See the Linux Audit System chapter for details about setting up kernel-level auditing. It is even possible to combine the im_fim and im_linuxaudit modules for redundant monitoring.

Monitoring on Windows

The im_fim module can be used on Windows for monitoring a file set.

Example 265. Using im_fim on Windows

This configuration monitors the program directories for changes. The scan interval is set to 1,800 seconds (30 minutes). The events generated by NXLog are similar to those shown in Using im_fim on Linux.

nxlog.conf


  1
2
3
4
5
6
7
8

  <Input fim>
    Module          im_fim
    File            'C:\Program Files\*'
    File            'C:\Program Files (x86)\*'
    Exclude         'C:\Program Files\nxlog\data\*'
    Recursive       TRUE
    ScanInterval    1800
</Input>

The Windows Registry can be monitored with the im_regmon module.

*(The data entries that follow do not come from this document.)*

-- ===== src/Projections/Views.antt =====
-- What each statement changes of the two views, `resolve` and `person_of`, and the consistency of the
-- tables.
use hoglet.Prelude.Int.{ℤ}
use hoglet.Prelude.{
  ℕ, String, ◌≡◌, refl, inl, inr, false, ◌&&◌, none, some, [], arith, eq_iff, if◌then◌else◌,
  Bool-cases, Option-cases, ◌==◌, nat_eq, string_eq, ok, list_eq,
}
use hoglet.Prelude.Map.{
  ==_refl, lookup-remove, lookup-map_values, pair_eq, insert, lookup-insert, has_key,
}
use mathlib.Core.Option
use hoglet.Projections.Store.{
  Person, DistinctId, Tables, Key, resolve, person_of, update_person, repoint, delete_person,
  TimeFormat, ensure_person,
}

module _ (t : Tables) (project_id : String) where
  pub resolve-update_person :
      (id : String) (f : Person → Person) (p d : String)
      → resolve (update_person t project_id id f) p d ≡ resolve t p d
  unfolding resolve update_person
  resolve-update_person id f p d = refl

  pub person_of-update_person :
      (id : String) (f : Person → Person) (p i : String)
      → person_of (update_person t project_id id f) p i
        ≡ Option.map (λ r. if p == project_id && i == id then f r else r) (person_of t p i)
  unfolding person_of update_person
  person_of-update_person id f p i = lookup-map_values _ (p, i) t.persons

  pub resolve-repoint :
      (loser winner : String) (seq : ℕ) (p d : String)
      → resolve (repoint t project_id loser winner seq) p d
        ≡ Option.map (λ r. if p == project_id && r == loser then winner else r) (resolve t p d)
  unfolding resolve repoint
  resolve-repoint loser winner seq p d = ground (
    arith,
    lookup-map_values
        (λ (k : Key) (row : DistinctId).
          if k.0 == project_id && row.person_id == loser
          then record { person_id = winner; seq = seq }
          else row)
        (p, d) t.distinct_ids,
  )

  pub person_of-repoint :
      (loser winner : String) (seq : ℕ) (p i : String)
      → person_of (repoint t project_id loser winner seq) p i ≡ person_of t p i
  unfolding person_of repoint
  person_of-repoint loser winner seq p i = refl

  pub resolve-delete_person :
      (id p d : String) → resolve (delete_person t project_id id) p d ≡ resolve t p d
  unfolding resolve delete_person
  resolve-delete_person id p d = refl

  pub person_of-delete_person :
      (id p i : String)
      → person_of (delete_person t project_id id) p i
        ≡ (if project_id == p && id == i then none else person_of t p i)
  unfolding person_of delete_person
  person_of-delete_person id p i = lookup-remove (project_id, id) (p, i) t.persons

-- Every person is found under its own id, and every distinct id leads to a person.
pub record IsConsistent (t : Tables) : Type 0 where
  pub own : (p i : String) (row : Person) → person_of t p i ≡ some row → resolve t p i ≡ some i
  pub leads :
      (p d i : String) → resolve t p d ≡ some i → (row : Person) × (person_of t p i ≡ some row)

-- The tables after a statement, with what was there before.
pub record Ensured (t t' : Tables) (project_id distinct_id person_id : String) : Type 0 where
  pub consistent : IsConsistent t'
  pub resolves : resolve t' project_id distinct_id ≡ some person_id
  pub keeps_ids : (p d i : String) → resolve t p d ≡ some i → resolve t' p d ≡ some i
  pub keeps_persons :
      (p i : String) (row : Person) → person_of t p i ≡ some row → person_of t' p i ≡ some row

module _ (time : TimeFormat) (t : Tables) (project_id distinct_id : String) (timestamp : ℤ) where
  -- The row that `ensure_person` adds.
  abbrev pub fresh_row : Person
  fresh_row = record {
    created_at = time.to_rfc3339 timestamp;
    is_identified = false;
    properties = [];
    first_seen_key = distinct_id;
    last_seen = none;
  }

  abbrev pub added : Tables
  added = record t {
    persons = insert (project_id, distinct_id) fresh_row t.persons;
    distinct_ids =
        insert (project_id, distinct_id) (record { person_id = distinct_id; seq = 0 })
          t.distinct_ids;
  }

  resolve-added :
      (p d : String)
      → resolve added p d
        ≡ (if project_id == p && distinct_id == d then some distinct_id else resolve t p d)
  unfolding resolve
  resolve-added p d = ground (
    arith,
    lookup-insert (project_id, distinct_id) (p, d) (record { person_id = distinct_id; seq = 0 })
        t.distinct_ids,
  )

  person_of-added :
      (p i : String)
      → person_of added p i
        ≡ (if project_id == p && distinct_id == i then some fresh_row else person_of t p i)
  unfolding person_of
  person_of-added p i = lookup-insert (project_id, distinct_id) (p, i) fresh_row t.persons

  not_taken :
      IsConsistent t
      → resolve t project_id distinct_id ≡ none
      → has_key (project_id, distinct_id) t.persons ≡ false
  unfolding has_key person_of
  not_taken c unknown = elim (Option-cases (person_of t project_id distinct_id)) [
    | inl free ↦ ground arith
    | inr (row, taken) ↦ ground (arith, c.own project_id distinct_id row taken)
  ]

  leads-added :
      IsConsistent t
      → (p d i : String) → resolve added p d ≡ some i
      → (row : Person) × (person_of added p i ≡ some row)
  leads-added c p d i h = elim (Bool-cases (project_id == p && distinct_id == d)) [
    | inl new ↦
        (fresh_row, ground (arith, resolve-added p d, person_of-added p i, ==_refl distinct_id))
    | inr old ↦
        let (row, found) = c.leads p d i (ground (arith, resolve-added p d)) in
        elim (Bool-cases (project_id == p && distinct_id == i)) [
          | inl same ↦ (fresh_row, ground (arith, person_of-added p i))
          | inr other ↦ (row, ground (arith, person_of-added p i))
        ]
  ]

  -- From consistent tables `ensure_person` does not fail, and changes nothing that is there.
  pub ensure_person-Ensured :
      IsConsistent t
      → (t' : Tables) × (person_id : String) × (ensure_person time t project_id distinct_id
            timestamp
          ≡ ok (t', person_id))
        × Ensured t t' project_id distinct_id person_id
  unfolding ensure_person
  ensure_person-Ensured c = elim (Option-cases (resolve t project_id distinct_id)) [
    | inr (person_id, known) ↦ (
      t,
      person_id,
      rw (known, ensure_person) refl,
      record {
        consistent = c;
        resolves = known;
        keeps_ids = λ p d i h. h;
        keeps_persons = λ p i row h. h;
      },
    )
    | inl unknown ↦ (
      added,
      distinct_id,
      ground (arith, not_taken c unknown),
      record {
        consistent = record {
          own = λ p i row h.
              ground (
                arith,
                resolve-added p i,
                person_of-added p i,
                c.own p i row,
                eq_iff distinct_id i,
              );
          leads = leads-added c;
        };
        resolves =
            ground (
              arith,
              resolve-added project_id distinct_id,
              ==_refl project_id,
              ==_refl distinct_id,
            );
        keeps_ids =
            λ p d i h. ground (arith, resolve-added p d, eq_iff project_id p, eq_iff distinct_id d);
        keeps_persons = λ p i row h.
            ground (
              arith,
              person_of-added p i,
              c.own p i row,
              eq_iff project_id p,
              eq_iff distinct_id i,
            );
      },
    )
  ]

Example 266. Using im_regmon on Windows

This configuration monitors all registry keys below the specified path. The keys are scanned every 60 seconds.

nxlog.conf


  1
2
3
4
5
6

  <Input registry>
    Module          im_regmon
    RegValue        'HKLM\Software\Policies\*'
    Recursive       TRUE
    ScanInterval    60
</Input>

NXLog will report scan activity in its internal log.

Internal Log

2018-01-31 04:01:12 INFO Module 'registry': Registry scan started
2018-01-31 04:01:12 INFO Module 'registry': Registry scan finished in 0.00 seconds. Scanned registry keys: 77 Scanned registry values: 48 Read value bytes: 2396

Output Sample

{
  "EventTime": "2018-01-31 04:01:12",
  "Hostname": "WINAD",
  "EventType": "CHANGE",
  "RegistryValueName": "HKLM\\Software\\Policies\\Microsoft\\TPM\\OSManagedAuthLevel",
  "PrevValueSize": 4,
  "ValueSize": 4,
  "DigestName": "SHA1",
  "PrevDigest": "0aaf76f425c6e0f43a36197de768e67d9e035abb",
  "Digest": "3c585604e87f855973731fea83e21fab9392d2fc",
  "Severity": "WARNING",
  "SeverityValue": 3,
  "EventReceivedTime": "2018-01-31 04:01:12",
  "SourceModuleName": "registry",
  "SourceModuleType": "im_regmon",
  "MessageSourceAddress": "10.8.0.121"
}

Real-time monitoring can be implemented with Windows security auditing (see Security auditing on Microsoft Docs). Sysmon also implements file and registry monitoring with a system service and device driver; see the Sysmon chapter. In both cases, the generated events can be collected from the EventLog with the im_msvistalog module (see the Windows Event Log chapter).